WORK ORDER ->
Scan the records below for the line containing "-- the next" and the line containing "abbrev hand_over : Message". Copy both, plus every line between, exactly.

EXTRACTED DATA ->

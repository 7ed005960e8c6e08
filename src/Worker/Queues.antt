-- ===== src/Worker/Queues.antt =====
-- src/worker.rs, `check_queues`: which of its two receivers a worker serves. The source calls the
-- first of the pair the priority channel; here they are `first` and `second`.
use thread_pool.Prelude.{ℕ, ◌+◌, Bool, not, ◌&&◌, Option, none, some, ok, err, if◌then◌else◌, ltb}
use thread_pool.Model.{Message, Job}
use thread_pool.Model.Backoff.{minus_one}
use thread_pool.Channel.{Channel}
use thread_pool.Worker.Fetch.{timeout, disconnected, fetch_work, unpack_message}

-- `WorkStatus(i8, Option<Job>)`
pub record WorkStatus : Type 0 where
  pub code : ℕ
  pub job : Option Job

-- What `check_queues` leaves: its result, the counter, and the two channels.
pub record Checked (c : Channel) : Type 0 where
  pub work : WorkStatus
  pub pri_work_count : ℕ
  pub first : c.State
  pub second : c.State

abbrev pub no_work : ℕ → WorkStatus
no_work code = record { code = code; job = none }

-- The counter after work from the first channel: 4 rounds are counted, and then 255 marks that
-- the next round shall skip the first channel, if the second was full.
abbrev pub count_first : ℕ → Bool → ℕ
count_first count second_full =
    if ltb count 4 then count + 1 else if second_full then 255 else count

module _ (c : Channel) where
  abbrev hand_over : Message → ℕ → c.State → c.State → Option (Checked c)
  hand_over m count first second = elim (unpack_message m) [
    | none ↦ none
    | some (job, target) ↦ some (record {
      work = record { code = 0; job = job };
      pri_work_count = count;
      first = first;
      second = second;
    })
  ]

  -- The match on the second channel.
  unfoldable pub check_second : ℕ → c.State → c.State → Bool → Option (Checked c)
  check_second count first second norm_wait =
      let (r, t) = fetch_work c (c.is_full first && not norm_wait) second in
      elim r [
        | ok m ↦ hand_over m 0 first t
        | err disconnected ↦
            some (record {
              work = no_work minus_one;
              pri_work_count = count;
              first = first;
              second = t;
            })
        | err timeout ↦
            some (record { work = no_work 0; pri_work_count = count; first = first; second = t })
      ]

  -- `none` is the panic of `unpack_message`.
  unfoldable pub check_queues : ℕ → c.State → c.State → Bool → Bool → Option (Checked c)
  unfolding check_second
  check_queues count first second pri_wait norm_wait =
      if ltb count 255
      then (let second_full = c.is_full second in
          let (r, t) = fetch_work c (second_full && not pri_wait) first in
          elim r [
            | ok m ↦ hand_over m (count_first count second_full) t second
            | err disconnected ↦ some (record {
              work = no_work minus_one;
              pri_work_count = count;
              first = t;
              second = second;
            })
            | err timeout ↦ check_second count t second norm_wait
          ])
      else check_second 0 first second norm_wait
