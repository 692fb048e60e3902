-- ===== src/Core/Crypto.antt =====
-- crates/syauth-core/src/mac.rs and sign.rs: the tag and the signature over a frame's body.
-- `blake3` and `ed25519-dalek` are parameters.
pub mod Signing
use syauth.Base.{ℕ, Bool, Bytes, Result, ok, err, and_then, take, bytes_eq, if◌then◌else◌}
use syauth.Core.Frame.{Frame, FrameError, tag_len, body_bytes}

-- What the code calls of the two crates. A key, a public key and a signature are their bytes.
pub record Primitives : Type 0 where
  -- `blake3::hash` and `blake3::keyed_hash`
  pub hash : Bytes → Bytes
  pub keyed_hash : Bytes → Bytes → Bytes
  -- `SigningKey::sign`, by the key and the message
  pub sign : Bytes → Bytes → Bytes
  -- `VerifyingKey::from_bytes` accepts the bytes
  pub is_point : Bytes → Bool
  -- `Signature::from_slice` accepts the 64 bytes
  pub is_signature : Bytes → Bool
  -- `VerifyingKey::verify_strict`, by the public key, the message and the signature
  pub verify_strict : Bytes → Bytes → Bytes → Bool

pub data VerifyError : Type 0 where
  signature : VerifyError
  bad_encoding : FrameError → VerifyError

abbrev pub bond_key_bytes : ℕ
bond_key_bytes = 32

abbrev pub signature_len : ℕ
signature_len = 64

module _ (p : Primitives) where
  unfoldable pub compute_tag : Bytes → Bytes → Bytes
  compute_tag bond_key frame_body = take tag_len (p.keyed_hash bond_key frame_body)

  -- `ct_eq` compares all the bytes.
  unfoldable pub verify_tag : Bytes → Bytes → Bytes → Bool
  verify_tag bond_key frame_body tag = bytes_eq (compute_tag bond_key frame_body) tag

  unfoldable pub sign_frame : Bytes → Frame → Result Bytes FrameError
  sign_frame privkey frame = and_then (body_bytes frame) (λ body. ok (p.sign privkey body))

  -- `verify_frame` from the body on
  unfoldable pub verify_body :
      Bytes → Bytes → Result Bytes FrameError → Result (Unit {0}) VerifyError
  verify_body pubkey sig (err e) = err (bad_encoding e)
  verify_body pubkey sig (ok body) =
      if p.verify_strict pubkey body sig then ok tt else err signature

  unfoldable pub verify_frame : Bytes → Frame → Bytes → Result (Unit {0}) VerifyError
  unfolding verify_body
  verify_frame pubkey frame sig = verify_body pubkey sig (body_bytes frame)
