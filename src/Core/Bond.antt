-- ===== src/Core/Bond.antt =====
-- crates/syauth-core/src/bond.rs: the store of bonded phones. An `OffsetDateTime` is a number here,
-- and a `String` its bytes.
pub mod View
pub mod Unique
pub mod Hex
use syauth.Base.{
  ℕ, zero, suc, ◌+◌, ◌*◌, ◌/◌, ◌%◌, Bool, true, false, Bytes, Text, text, bytes_eq, List, [], ◌∷◌,
  ◌++◌, Option, none, some, Result, ok, err, ltb, not, find, position, remove_at, modify_at, get_or,
  flat_map, take, if◌then◌else◌,
}
use syauth.Core.Crypto.{Primitives}

abbrev pub pubkey_len : ℕ
pubkey_len = 32

abbrev pub peer_id_blake3_bytes : ℕ
peer_id_blake3_bytes = 16

abbrev pub peer_id_hex_len : ℕ
peer_id_hex_len = peer_id_blake3_bytes * 2

abbrev pub bond_schema_version_latest : ℕ
bond_schema_version_latest = 1

pub data BondStatus : Type 0 where
  bonded : BondStatus
  revoked : Text → BondStatus

pub record Bond : Type 0 where
  pub peer_id : Text
  pub pubkey : Bytes
  pub name : Text
  pub created_at : ℕ
  pub status : BondStatus

abbrev pub is_revoked_status : BondStatus → Bool
is_revoked_status bonded = false
is_revoked_status (revoked reason) = true

abbrev pub is_revoked : Bond → Bool
is_revoked b = is_revoked_status b.status

pub record BondFile : Type 0 where
  pub schema_version : ℕ
  pub bonds : List Bond

pub record BondStore : Type 0 where
  pub bonds : List Bond

pub data BondError : Type 0 where
  io parse serialize : BondError
  unsupported_schema_version : ℕ → ℕ → BondError
  already_bonded unknown_peer : Text → BondError
  parent_dir_too_permissive : ℕ → ℕ → BondError
  peer_id_mismatch : Text → Text → BondError

abbrev pub hex_chars : Text
hex_chars = text "0123456789abcdef"

-- The two indices are below 16 for a byte.
unfoldable pub hex_lowercase : Bytes → Text
hex_lowercase = flat_map (λ b. get_or hex_chars (b / 16) 0 ∷ get_or hex_chars (b % 16) 0 ∷ [])

unfoldable pub peer_id_from_pubkey : Primitives → Bytes → Text
unfolding hex_lowercase
peer_id_from_pubkey p pubkey = hex_lowercase (take peer_id_blake3_bytes (p.hash pubkey))

abbrev pub has_id : Text → Bond → Bool
has_id id b = bytes_eq b.peer_id id

unfoldable pub find_index : BondStore → Text → Option ℕ
find_index s peer_id = position (has_id peer_id) s.bonds

abbrev pub empty : BondStore
empty = record { bonds = [] }

-- A method on `&mut self` returns its result and the store after it.
abbrev pub Update : Type 0
Update = Result (Unit {0}) BondError × BondStore

unfoldable pub add : BondStore → Bond → Update
unfolding find_index
add s bond = elim (find_index s bond.peer_id) [
  | some _ ↦ (err (already_bonded bond.peer_id), s)
  | none ↦ (ok tt, record s { bonds = s.bonds ++ bond ∷ [] })
]

unfoldable pub remove : BondStore → Text → Update
unfolding find_index
remove s peer_id = elim (find_index s peer_id) [
  | some i ↦ (ok tt, record s { bonds = remove_at s.bonds i })
  | none ↦ (err (unknown_peer peer_id), s)
]

-- A bond that is revoked already keeps its reason.
abbrev pub revoke : Text → Bond → Bond
revoke reason b = if is_revoked b then b else record b { status = revoked reason }

unfoldable pub mark_revoked : BondStore → Text → Text → Update
unfolding find_index
mark_revoked s peer_id reason = elim (find_index s peer_id) [
  | some i ↦ (ok tt, record s { bonds = modify_at s.bonds i (revoke reason) })
  | none ↦ (err (unknown_peer peer_id), s)
]

-- What `fs::read_to_string` answers.
pub data ReadResult : Type 0 where
  contents : Text → ReadResult
  not_found : ReadResult
  failed : ReadResult

-- `toml::from_str` and `toml::to_string` on a bond file; `none` is their error.
pub record Toml : Type 0 where
  pub from_str : Text → Option BondFile
  pub to_string : BondFile → Option Text

module _ (p : Primitives) where
  -- the loop of `load` over the bonds of the file
  unfoldable pub check_ids : List Bond → Result (Unit {0}) BondError
  check_ids [] = ok tt
  check_ids (b ∷ bs) =
      if not (bytes_eq b.peer_id (peer_id_from_pubkey p b.pubkey))
      then err (peer_id_mismatch b.peer_id (peer_id_from_pubkey p b.pubkey))
      else check_ids bs

  unfoldable pub accept_file : BondFile → Result BondStore BondError
  unfolding check_ids
  accept_file f =
      if ltb bond_schema_version_latest f.schema_version
      then err (unsupported_schema_version f.schema_version bond_schema_version_latest)
      else elim (check_ids f.bonds) [ err e ↦ err e | ok _ ↦ ok (record { bonds = f.bonds }) ]

  unfoldable pub load : Toml → ReadResult → Result BondStore BondError
  unfolding accept_file
  load t not_found = ok empty
  load t failed = err io
  load t (contents raw) = elim (t.from_str raw) [ none ↦ err parse | some f ↦ accept_file f ]

unfoldable pub serialize_to_toml : Toml → BondStore → Result Text BondError
serialize_to_toml t s =
    elim (t.to_string (record { schema_version = bond_schema_version_latest; bonds = s.bonds })) [
      | none ↦ err serialize
      | some raw ↦ ok raw
    ]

SOLUTION FOR THIS PROBLEM ->
-- the next round shall skip the first channel, if the second was full.
abbrev pub count_first : ℕ → Bool → ℕ
count_first count second_full =
    if ltb count 4 then count + 1 else if second_full then 255 else count

module _ (c : Channel) where
  abbrev hand_over : Message → ℕ → c.State → c.State → Option (Checked c)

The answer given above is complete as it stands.